We are proposing this. As shown in FIG. 5, this constant velocity universal joint has a concave spherical surface 1a and a concave spherical surface 1a.
an outer joint member 1 having a plurality of ball grooves 1b provided in the outer joint member 1; a convex spherical surface 4a on the outer surface that is slidably fitted to the concave spherical surface 1a of the outer joint member 1; a concave spherical surface 4b on the inner surface; A cage 4 having the same number of ball pockets 4c as ball grooves 1b of the outer joint member 1 penetrating the inner surface, a convex spherical surface 2a that slidably fits into the concave spherical surface 4b of the cage 4, and an outer joint member 1 on the convex spherical surface 2a. An inner joint member 2 having the same number of ball grooves 2b as the ball grooves 1b of The center of curvature OR point and OR' point of the ball grooves 1b and 2b of both inner joint members 1 and 2 are opposite to each other by an equal distance in the axial direction from the center plane Y-Y of the joint on a line parallel to the joint axis X-X. and the amount of eccentricity is at least equal to the distance e from the center plane Y-Y of the joint to the end surface 1' of the outer joint member 1, and
The spherical center a of the outer and inner spherical surfaces 4a and 4b of the cage 4,
The outer and inner spherical surfaces 4a and 4b are eccentrically offset by the same dimension f in the axial direction with respect to the center O of the joint.
are engaged with the inner and outer spherical surfaces 1a and 2a of both the outer and inner joint members 1 and 2, thereby fixing the outer and inner joint members 1 and 2 to each other in the axial direction. , 2, that is, the center plane Y-Y of the joint.

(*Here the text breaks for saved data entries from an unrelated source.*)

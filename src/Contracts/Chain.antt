-- ===== src/Contracts/Chain.antt =====
-- contracts/chain.go: the contracts and their elements, kept in step with the chain. An error
-- ends the transaction of the store, so it leaves no state behind.
mod Effects
mod Cache
mod Loop
mod Rewrites
mod Switch
pub mod Apply
pub mod Proofs
pub mod Undo
pub mod Restore
mod Tests
use indexd.Base.{
  ℕ, ◌≡◌, Bool, true, false, not, Option, none, some, List, [], ◌∷◌, ◌++◌, map, contains, ◌==◌,
  if◌then◌else◌,
}
use indexd.Base.Outcome.{Outcome, ok, err, panic, ◌>>=◌}
use indexd.Base.Update.{update}
use indexd.Contracts.Contract.{ContractState, pending, active, resolved}
use indexd.Contracts.ChainTx.{
  Element, Resolution, renewal, storage_proof, expiration, Diff, ChainUpdate, Row, is_some, at_key,
  latest, renewed_row, newest, prove, UpdateTx,
}

-- `updateTx`
pub record CachedTx (S : Type 0) : Type 0 where
  pub db : S
  pub known_contracts : ℕ → Option Bool

-- The state of a loop over diffs: `removed` is `resolved` when applying, and `reverted` when
-- reverting.
pub record Progress (S : Type 0) : Type 0 where
  pub tx : CachedTx S
  pub updated : List Element
  pub removed : List ℕ

abbrev pub set_db : {S : Type 0} → Progress S → S → Progress S
set_db p s = record p { tx = record p.tx { db = s } }

module _ {S Err : Type 0} (ops : UpdateTx S Err) (v2_renewal_id : ℕ → ℕ) where
  open ops use {
    contract_elements, delete_contract_elements, update_contract_elements, update_contract_state,
    update_contract_renewed_to,
  }

  remember : CachedTx S → ℕ → Bool → Bool × CachedTx S
  remember tx fcid known =
      (known, record tx { known_contracts = update tx.known_contracts fcid (some known) })

  recall : CachedTx S → ℕ → Option Bool → Outcome Err (Bool × CachedTx S)
  unfolding remember
  recall tx fcid (some known) = ok (known, tx)
  recall tx fcid none = do known ← ops.is_known_contract tx.db fcid; ok (remember tx fcid known)

  -- `updateTx.IsKnownContract`
  pub is_known : CachedTx S → ℕ → Outcome Err (Bool × CachedTx S)
  unfolding recall
  is_known tx fcid = recall tx fcid (tx.known_contracts fcid)

  pub write : Element → Progress S → Progress S
  write e p = record p { updated = p.updated ++ e ∷ [] }

  pub remove : ℕ → Progress S → Progress S
  remove id p = record p { removed = p.removed ++ id ∷ [] }

  -- The switch of `applyV2ContractDiffs`, on whether the contract was formed and its resolution.
  apply_case : Diff → Progress S → Bool → Option Resolution → Outcome Err (Progress S)
  unfolding write remove
  apply_case diff p true _ = do
    s ← update_contract_state diff.element.id active p.tx.db
    ok (write diff.element (set_db p s))
  apply_case diff p false (some renewal) = do
    s ← update_contract_state diff.element.id resolved p.tx.db
    t ← update_contract_renewed_to diff.element.id (some (v2_renewal_id diff.element.id)) s
    ok (remove diff.element.id (set_db p t))
  apply_case diff p false (some _) = do
    s ← update_contract_state diff.element.id resolved p.tx.db
    ok (remove diff.element.id (set_db p s))
  apply_case diff p false none = ok (write (newest diff.revision_element diff.element) p)

  pub apply_known : Diff → Progress S → Outcome Err (Progress S)
  unfolding apply_case
  apply_known diff p = apply_case diff p diff.created diff.resolution

  -- The switch of `revertV2ContractDiffs`.
  revert_case : Diff → Progress S → Bool → Option Resolution → Outcome Err (Progress S)
  unfolding write remove
  revert_case diff p true _ = do
    s ← update_contract_state diff.element.id pending p.tx.db
    ok (remove diff.element.id (set_db p s))
  revert_case diff p false (some renewal) = do
    s ← update_contract_state diff.element.id active p.tx.db
    t ← update_contract_renewed_to diff.element.id none s
    ok (write diff.element (set_db p t))
  revert_case diff p false (some _) = do
    s ← update_contract_state diff.element.id active p.tx.db
    ok (write diff.element (set_db p s))
  revert_case diff p false none = ok (write diff.element p)

  pub revert_known : Diff → Progress S → Outcome Err (Progress S)
  unfolding revert_case
  revert_known diff p = revert_case diff p diff.created diff.resolution

  abbrev pub Handler : Type 0
  Handler = Diff → Progress S → Outcome Err (Progress S)

  -- Unknown contracts are ignored.
  visit_if_known : Handler → Diff → Progress S → Bool × CachedTx S → Outcome Err (Progress S)
  visit_if_known handle diff p (true, tx) = handle diff (record p { tx = tx })
  visit_if_known handle diff p (false, tx) = ok (record p { tx = tx })

  visit : Handler → Diff → Progress S → Outcome Err (Progress S)
  unfolding is_known visit_if_known
  visit handle diff p = is_known p.tx diff.element.id >>= visit_if_known handle diff p

  pub visit_all : Handler → List Diff → Progress S → Outcome Err (Progress S)
  unfolding visit
  visit_all handle [] p = ok p
  visit_all handle (diff ∷ diffs) p = visit handle diff p >>= visit_all handle diffs

  -- `if len(updated) > 0`
  pub write_all : List Element → S → Outcome Err S
  write_all [] s = ok s
  write_all (e ∷ es) s = update_contract_elements (e ∷ es) s

  -- `if len(resolved) > 0`
  pub delete_all : List ℕ → S → Outcome Err S
  delete_all [] s = ok s
  delete_all (id ∷ ids) s = delete_contract_elements (id ∷ ids) s

  abbrev pub start : CachedTx S → Progress S
  start tx = record { tx = tx; updated = []; removed = [] }

  pub apply_v2_contract_diffs : CachedTx S → List Diff → Outcome Err (CachedTx S)
  unfolding visit_all apply_known write_all delete_all
  apply_v2_contract_diffs tx diffs = do
    p ← visit_all apply_known diffs (start tx)
    s ← write_all p.updated p.tx.db
    t ← delete_all p.removed s
    ok (record p.tx { db = t })

  pub revert_v2_contract_diffs : CachedTx S → List Diff → Outcome Err (CachedTx S)
  unfolding visit_all revert_known write_all delete_all
  revert_v2_contract_diffs tx diffs = do
    p ← visit_all revert_known diffs (start tx)
    s ← delete_all p.removed p.tx.db
    t ← write_all p.updated s
    ok (record p.tx { db = t })

  pub update_contract_element_proofs : (ℕ → ℕ) → CachedTx S → Outcome Err (CachedTx S)
  update_contract_element_proofs update_proof tx = do
    fces ← contract_elements tx.db
    t ← update_contract_elements (map (prove update_proof) fces) tx.db
    ok (record tx { db = t })

  pub apply_chain_update : CachedTx S → ChainUpdate → Outcome Err (CachedTx S)
  unfolding apply_v2_contract_diffs update_contract_element_proofs
  apply_chain_update tx cau =
      apply_v2_contract_diffs tx cau.diffs >>= update_contract_element_proofs cau.update_proof

  pub revert_chain_update : CachedTx S → ChainUpdate → Outcome Err (CachedTx S)
  unfolding revert_v2_contract_diffs update_contract_element_proofs
  revert_chain_update tx cru =
      revert_v2_contract_diffs tx cru.diffs >>= update_contract_element_proofs cru.update_proof

  revert_all : List ChainUpdate → CachedTx S → Outcome Err (CachedTx S)
  unfolding revert_chain_update
  revert_all [] tx = ok tx
  revert_all (cru ∷ reverted) tx = revert_chain_update tx cru >>= revert_all reverted

  apply_all : List ChainUpdate → CachedTx S → Outcome Err (CachedTx S)
  unfolding apply_chain_update
  apply_all [] tx = ok tx
  apply_all (cau ∷ applied) tx = apply_chain_update tx cau >>= apply_all applied

  -- The cache starts empty.
  pub update_chain_state : S → List ChainUpdate → List ChainUpdate → Outcome Err S
  unfolding revert_all apply_all
  update_chain_state s reverted applied = do
    tx ← revert_all reverted (record { db = s; known_contracts = λ id. none })
    end ← apply_all applied tx
    ok end.db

[The problem that the idea aims to solve]

By the way, in this type of constant velocity universal joint, when both the outer and inner joint members 1 and 2 take a large operating angle α as shown in FIG. 6, the ball located on the opening side of the outer joint member 1 3 is held by the ball groove 1b of the outer joint member 1 whose center of curvature is the OR ₁ point, and the ball groove 2b of the inner joint member 2 whose curvature center is the OR ₁ ' point, and torsional torque is applied to the joint. Then, a normal force is applied to the ball 3 from the ball groove 1b of the outer joint member 1 and the ball groove 2b of the inner joint member 2, respectively, and the resultant force _F1 acts on the cage 4. on the other hand,
The ball 3 located at the bottom side of the outer joint member 1 is
The ball is held by the ball groove 1b of the outer joint member 1 whose center of curvature is at the OR ₂ point and the ball groove 2b of the inner joint member 2 whose center of curvature is at the OR ² ' point, and when torsional torque is applied to the joint, the ball A normal force is applied to the cage 3 from the ball groove 1b of the outer joint member 1 and the ball groove 2b of the inner joint member 2, respectively, and the resultant force _F2 acts on the cage 4.

However, since the directions of the resultant force F 1 generated on the ball ₃ located on the opening side of the outer joint member 1 and the resultant force F ₂ generated on the ball 3 located on the deep side of the outer joint member 1 are opposite, the cage 4 is rotated. As the moment acts and the rotational moment acting on the cage 4 increases, the ball 3 moves toward the joint center plane Y-
To avoid deviation from Y, the frictional force acting between the concave spherical surface 1a of the outer joint member 1 and the convex spherical surface 4a of the cage 4 and between the convex spherical surface 2a of the inner joint member 2 and the concave spherical surface 4b of the cage 4 increases. This has the disadvantage of generating heat.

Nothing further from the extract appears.